Stored data |
★ ★ ★
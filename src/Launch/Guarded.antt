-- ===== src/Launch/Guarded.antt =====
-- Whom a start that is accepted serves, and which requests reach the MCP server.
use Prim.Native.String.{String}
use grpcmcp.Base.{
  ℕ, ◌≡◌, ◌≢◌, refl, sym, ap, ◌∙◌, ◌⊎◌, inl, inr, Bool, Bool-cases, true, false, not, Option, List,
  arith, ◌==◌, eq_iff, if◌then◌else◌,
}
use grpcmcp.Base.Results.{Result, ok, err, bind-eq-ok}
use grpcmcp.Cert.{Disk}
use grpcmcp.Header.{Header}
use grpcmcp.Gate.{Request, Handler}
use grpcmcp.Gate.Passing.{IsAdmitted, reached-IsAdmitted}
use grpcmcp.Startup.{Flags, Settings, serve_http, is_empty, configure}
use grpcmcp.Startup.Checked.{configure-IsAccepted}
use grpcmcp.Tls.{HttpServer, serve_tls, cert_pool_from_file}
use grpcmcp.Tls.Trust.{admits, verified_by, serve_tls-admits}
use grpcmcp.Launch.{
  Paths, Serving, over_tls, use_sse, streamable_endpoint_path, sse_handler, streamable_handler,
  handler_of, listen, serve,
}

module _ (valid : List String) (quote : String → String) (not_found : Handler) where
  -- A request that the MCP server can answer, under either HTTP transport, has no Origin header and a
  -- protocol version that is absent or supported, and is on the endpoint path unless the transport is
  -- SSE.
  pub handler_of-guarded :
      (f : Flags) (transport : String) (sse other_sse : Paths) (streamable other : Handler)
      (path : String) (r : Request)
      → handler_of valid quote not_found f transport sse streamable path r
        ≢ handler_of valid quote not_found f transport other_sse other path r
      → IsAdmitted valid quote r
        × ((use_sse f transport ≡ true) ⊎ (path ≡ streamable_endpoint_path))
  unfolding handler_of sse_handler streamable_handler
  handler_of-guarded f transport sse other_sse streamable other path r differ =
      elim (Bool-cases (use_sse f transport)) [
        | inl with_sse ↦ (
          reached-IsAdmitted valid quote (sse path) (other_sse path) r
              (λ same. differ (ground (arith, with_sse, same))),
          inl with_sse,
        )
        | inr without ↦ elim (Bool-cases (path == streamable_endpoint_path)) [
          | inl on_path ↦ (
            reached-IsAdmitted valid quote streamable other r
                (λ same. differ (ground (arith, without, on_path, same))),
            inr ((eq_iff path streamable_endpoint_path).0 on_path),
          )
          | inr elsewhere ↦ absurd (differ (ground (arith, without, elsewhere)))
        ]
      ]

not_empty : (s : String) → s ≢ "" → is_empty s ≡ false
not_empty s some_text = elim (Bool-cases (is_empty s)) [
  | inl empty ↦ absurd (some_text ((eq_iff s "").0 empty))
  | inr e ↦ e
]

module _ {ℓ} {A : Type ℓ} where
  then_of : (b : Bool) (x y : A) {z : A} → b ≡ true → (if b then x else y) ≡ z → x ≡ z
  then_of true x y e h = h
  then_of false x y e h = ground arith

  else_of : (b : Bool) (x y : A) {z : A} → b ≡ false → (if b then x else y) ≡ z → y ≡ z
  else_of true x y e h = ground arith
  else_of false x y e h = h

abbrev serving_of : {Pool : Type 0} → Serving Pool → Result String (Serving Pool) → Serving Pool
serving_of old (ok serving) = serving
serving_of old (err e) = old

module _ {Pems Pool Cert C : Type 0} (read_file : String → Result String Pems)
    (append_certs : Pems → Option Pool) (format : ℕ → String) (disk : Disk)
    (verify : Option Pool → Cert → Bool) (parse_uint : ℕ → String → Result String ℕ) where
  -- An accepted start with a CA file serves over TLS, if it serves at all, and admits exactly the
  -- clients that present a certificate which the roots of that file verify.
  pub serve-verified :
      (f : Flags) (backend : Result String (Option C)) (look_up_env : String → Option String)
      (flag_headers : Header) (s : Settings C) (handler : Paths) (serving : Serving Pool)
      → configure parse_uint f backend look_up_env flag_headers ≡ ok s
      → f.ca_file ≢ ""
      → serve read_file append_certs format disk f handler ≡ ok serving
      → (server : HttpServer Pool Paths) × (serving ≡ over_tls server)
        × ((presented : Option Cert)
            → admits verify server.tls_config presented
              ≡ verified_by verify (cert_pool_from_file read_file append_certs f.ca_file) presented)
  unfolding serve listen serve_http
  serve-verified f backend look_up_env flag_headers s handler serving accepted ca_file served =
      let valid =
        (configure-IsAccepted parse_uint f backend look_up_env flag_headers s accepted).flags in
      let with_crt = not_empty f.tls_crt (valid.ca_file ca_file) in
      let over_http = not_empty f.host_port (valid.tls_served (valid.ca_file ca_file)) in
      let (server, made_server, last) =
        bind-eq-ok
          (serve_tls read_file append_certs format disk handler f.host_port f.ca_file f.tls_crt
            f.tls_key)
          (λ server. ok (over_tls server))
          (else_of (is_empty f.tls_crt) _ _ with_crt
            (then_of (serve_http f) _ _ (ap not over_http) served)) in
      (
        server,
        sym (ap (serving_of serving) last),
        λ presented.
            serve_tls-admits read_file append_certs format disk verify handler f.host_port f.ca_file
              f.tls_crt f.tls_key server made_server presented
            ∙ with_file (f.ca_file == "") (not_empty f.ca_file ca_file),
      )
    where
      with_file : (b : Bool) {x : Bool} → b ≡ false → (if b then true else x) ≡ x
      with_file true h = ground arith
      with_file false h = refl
★ ★ ★
Restate every line of the data word for word.

filename src/Launch/Guarded.antt
-- ===== src/Launch/Guarded.antt =====
-- Whom a start that is accepted serves, and which requests reach the MCP server.
use Prim.Native.String.{String}
use grpcmcp.Base.{
  ℕ, ◌≡◌, ◌≢◌, refl, sym, ap, ◌∙◌, ◌⊎◌, inl, inr, Bool, Bool-cases, true, false, not, Option, List,
  arith, ◌==◌, eq_iff, if◌then◌else◌,
}
use grpcmcp.Base.Results.{Result, ok, err, bind-eq-ok}
use grpcmcp.Cert.{Disk}
use grpcmcp.Header.{Header}
use grpcmcp.Gate.{Request, Handler}
use grpcmcp.Gate.Passing.{IsAdmitted, reached-IsAdmitted}
use grpcmcp.Startup.{Flags, Settings, serve_http, is_empty, configure}
use grpcmcp.Startup.Checked.{configure-IsAccepted}
use grpcmcp.Tls.{HttpServer, serve_tls, cert_pool_from_file}
use grpcmcp.Tls.Trust.{admits, verified_by, serve_tls-admits}
use grpcmcp.Launch.{
  Paths, Serving, over_tls, use_sse, streamable_endpoint_path, sse_handler, streamable_handler,
  handler_of, listen, serve,
}

module _ (valid : List String) (quote : String → String) (not_found : Handler) where
  -- A request that the MCP server can answer, under either HTTP transport, has no Origin header and a
  -- protocol version that is absent or supported, and is on the endpoint path unless the transport is
  -- SSE.
  pub handler_of-guarded :
      (f : Flags) (transport : String) (sse other_sse : Paths) (streamable other : Handler)
      (path : String) (r : Request)
      → handler_of valid quote not_found f transport sse streamable path r
        ≢ handler_of valid quote not_found f transport other_sse other path r
      → IsAdmitted valid quote r
        × ((use_sse f transport ≡ true) ⊎ (path ≡ streamable_endpoint_path))
  unfolding handler_of sse_handler streamable_handler
  handler_of-guarded f transport sse other_sse streamable other path r differ =
      elim (Bool-cases (use_sse f transport)) [
        | inl with_sse ↦ (
          reached-IsAdmitted valid quote (sse path) (other_sse path) r
              (λ same. differ (ground (arith, with_sse, same))),
          inl with_sse,
        )
        | inr without ↦ elim (Bool-cases (path == streamable_endpoint_path)) [
          | inl on_path ↦ (
            reached-IsAdmitted valid quote streamable other r
                (λ same. differ (ground (arith, without, on_path, same))),
            inr ((eq_iff path streamable_endpoint_path).0 on_path),
          )
          | inr elsewhere ↦ absurd (differ (ground (arith, without, elsewhere)))
        ]
      ]

not_empty : (s : String) → s ≢ "" → is_empty s ≡ false
not_empty s some_text = elim (Bool-cases (is_empty s)) [
  | inl empty ↦ absurd (some_text ((eq_iff s "").0 empty))
  | inr e ↦ e
]

module _ {ℓ} {A : Type ℓ} where
  then_of : (b : Bool) (x y : A) {z : A} → b ≡ true → (if b then x else y) ≡ z → x ≡ z
  then_of true x y e h = h
  then_of false x y e h = ground arith

  else_of : (b : Bool) (x y : A) {z : A} → b ≡ false → (if b then x else y) ≡ z → y ≡ z
  else_of true x y e h = ground arith
  else_of false x y e h = h

abbrev serving_of : {Pool : Type 0} → Serving Pool → Result String (Serving Pool) → Serving Pool
serving_of old (ok serving) = serving
serving_of old (err e) = old

module _ {Pems Pool Cert C : Type 0} (read_file : String → Result String Pems)
    (append_certs : Pems → Option Pool) (format : ℕ → String) (disk : Disk)
    (verify : Option Pool → Cert → Bool) (parse_uint : ℕ → String → Result String ℕ) where
  -- An accepted start with a CA file serves over TLS, if it serves at all, and admits exactly the
  -- clients that present a certificate which the roots of that file verify.
  pub serve-verified :
      (f : Flags) (backend : Result String (Option C)) (look_up_env : String → Option String)
      (flag_headers : Header) (s : Settings C) (handler : Paths) (serving : Serving Pool)
      → configure parse_uint f backend look_up_env flag_headers ≡ ok s
      → f.ca_file ≢ ""
      → serve read_file append_certs format disk f handler ≡ ok serving
      → (server : HttpServer Pool Paths) × (serving ≡ over_tls server)
        × ((presented : Option Cert)
            → admits verify server.tls_config presented
              ≡ verified_by verify (cert_pool_from_file read_file append_certs f.ca_file) presented)
  unfolding serve listen serve_http
  serve-verified f backend look_up_env flag_headers s handler serving accepted ca_file served =
      let valid =
        (configure-IsAccepted parse_uint f backend look_up_env flag_headers s accepted).flags in
      let with_crt = not_empty f.tls_crt (valid.ca_file ca_file) in
      let over_http = not_empty f.host_port (valid.tls_served (valid.ca_file ca_file)) in
      let (server, made_server, last) =
        bind-eq-ok
          (serve_tls read_file append_certs format disk handler f.host_port f.ca_file f.tls_crt
            f.tls_key)
          (λ server. ok (over_tls server))
          (else_of (is_empty f.tls_crt) _ _ with_crt
            (then_of (serve_http f) _ _ (ap not over_http) served)) in
      (
        server,
        sym (ap (serving_of serving) last),
        λ presented.
            serve_tls-admits read_file append_certs format disk verify handler f.host_port f.ca_file
              f.tls_crt f.tls_key server made_server presented
            ∙ with_file (f.ca_file == "") (not_empty f.ca_file ca_file),
      )
    where
      with_file : (b : Bool) {x : Bool} → b ≡ false → (if b then true else x) ≡ x
      with_file true h = ground arith
      with_file false h = refl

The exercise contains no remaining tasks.